-- ===== src/Store/Memory.antt =====
-- crates/relos-store/src/traits.rs and memory.rs: the store, and its transactions on a copy.
-- The standard library's lock is poisoned by a panic of its holder; the flag is part of the state.
pub mod Transactions
use relos.Prelude.{ℕ, ◌≡◌, Bool, true, false, Option, List, [], if◌then◌else◌}
use relos.Prelude.Bytes.{Bytes, text}
use relos.Core.{RelosError, Result, ok, err, store, Exec}
use relos.Store.Map
use relos.Store.Map.{StoreData, scan_prefix}

pub record MemoryStore : Type 0 where
  pub contents : StoreData
  pub poisoned : Bool

-- `MemoryStore::new`
abbrev pub new : MemoryStore
new = record { contents = []; poisoned = false }

pub lock_poisoned : RelosError
lock_poisoned = store (text "lock poisoned")

-- The snapshot of a read transaction.
pub record MemoryReadTx : Type 0 where
  pub snapshot : StoreData

-- The working copy of a write transaction. Its reference to the store is the store itself, which
-- `commit` takes as the state.
pub record MemoryWriteTx : Type 0 where
  pub working : StoreData
  pub committed : Bool

unfoldable pub begin_write_txn : MemoryStore → Result MemoryWriteTx
begin_write_txn s =
    if s.poisoned
    then err lock_poisoned
    else ok (record { working = s.contents; committed = false })

unfoldable pub begin_read_txn : MemoryStore → Result MemoryReadTx
begin_read_txn s = if s.poisoned then err lock_poisoned else ok (record { snapshot = s.contents })

-- A no-op for the in-memory store
unfoldable pub flush : Exec MemoryStore (Unit {0})
flush s = (ok tt, s)

-- `ReadTransaction` of either transaction
unfoldable pub read_get : Bytes → MemoryReadTx → Result (Option Bytes)
read_get key t = ok (Map.get key t.snapshot)

unfoldable pub read_prefix_scan : Bytes → MemoryReadTx → Result (List (Bytes × Bytes))
read_prefix_scan prefix t = ok (scan_prefix t.snapshot prefix)

unfoldable pub get : Bytes → MemoryWriteTx → Result (Option Bytes)
get key t = ok (Map.get key t.working)

unfoldable pub prefix_scan : Bytes → MemoryWriteTx → Result (List (Bytes × Bytes))
prefix_scan prefix t = ok (scan_prefix t.working prefix)

unfoldable pub put : Bytes → Bytes → Exec MemoryWriteTx (Unit {0})
put key value t = (ok tt, record t { working = Map.insert key value t.working })

unfoldable pub delete : Bytes → Exec MemoryWriteTx (Unit {0})
delete key t = (ok tt, record t { working = Map.remove key t.working })

-- `commit` consumes the transaction and swaps its working copy into the store.
unfoldable pub commit : MemoryWriteTx → Exec MemoryStore (Unit {0})
commit t s =
    if s.poisoned then (err lock_poisoned, s) else (ok tt, record s { contents = t.working })

-- `rollback` consumes the transaction, and leaves the store alone.
unfoldable pub rollback : MemoryWriteTx → Exec MemoryStore (Unit {0})
rollback t s = (ok tt, s)
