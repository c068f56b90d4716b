-- ===== src/Engine/Interface.antt =====
-- crates/relos-engine/src/traits.rs: return values, and the two traits as records of operations.
use relos.Prelude.Bytes.{Bytes}
use relos.Core.{LogPos, Entry, Exec}
use relos.Store.Memory.{MemoryWriteTx}

-- `ReturnValue::{Success, Data}`
pub data ReturnValue : Type 0 where
  success : ReturnValue
  output : Bytes → ReturnValue

-- `Engine`, over the state `S` of everything below it
pub record Engine (S : Type 0) : Type 0 where
  pub propose : Entry → Exec S ReturnValue
  pub sync : Exec S LogPos

-- `Applicator`, over the transaction and what the applicator itself keeps
pub record Applicator (A : Type 0) : Type 0 where
  pub apply : Entry → LogPos → Exec (MemoryWriteTx × A) ReturnValue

==*==

== PROBLEM TO WORK ON ==
From the first line of the material above down to the line with "pub lock_poisoned : RelosError", output each line exactly; include both of those lines and add no others.

== RESPONSE BOX ==
-- ===== src/Store/Memory.antt =====
-- crates/relos-store/src/traits.rs and memory.rs: the store, and its transactions on a copy.
-- The standard library's lock is poisoned by a panic of its holder; the flag is part of the state.
pub mod Transactions
use relos.Prelude.{ℕ, ◌≡◌, Bool, true, false, Option, List, [], if◌then◌else◌}
use relos.Prelude.Bytes.{Bytes, text}
use relos.Core.{RelosError, Result, ok, err, store, Exec}
use relos.Store.Map
use relos.Store.Map.{StoreData, scan_prefix}

pub record MemoryStore : Type 0 where
  pub contents : StoreData
  pub poisoned : Bool

-- `MemoryStore::new`
abbrev pub new : MemoryStore
new = record { contents = []; poisoned = false }

pub lock_poisoned : RelosError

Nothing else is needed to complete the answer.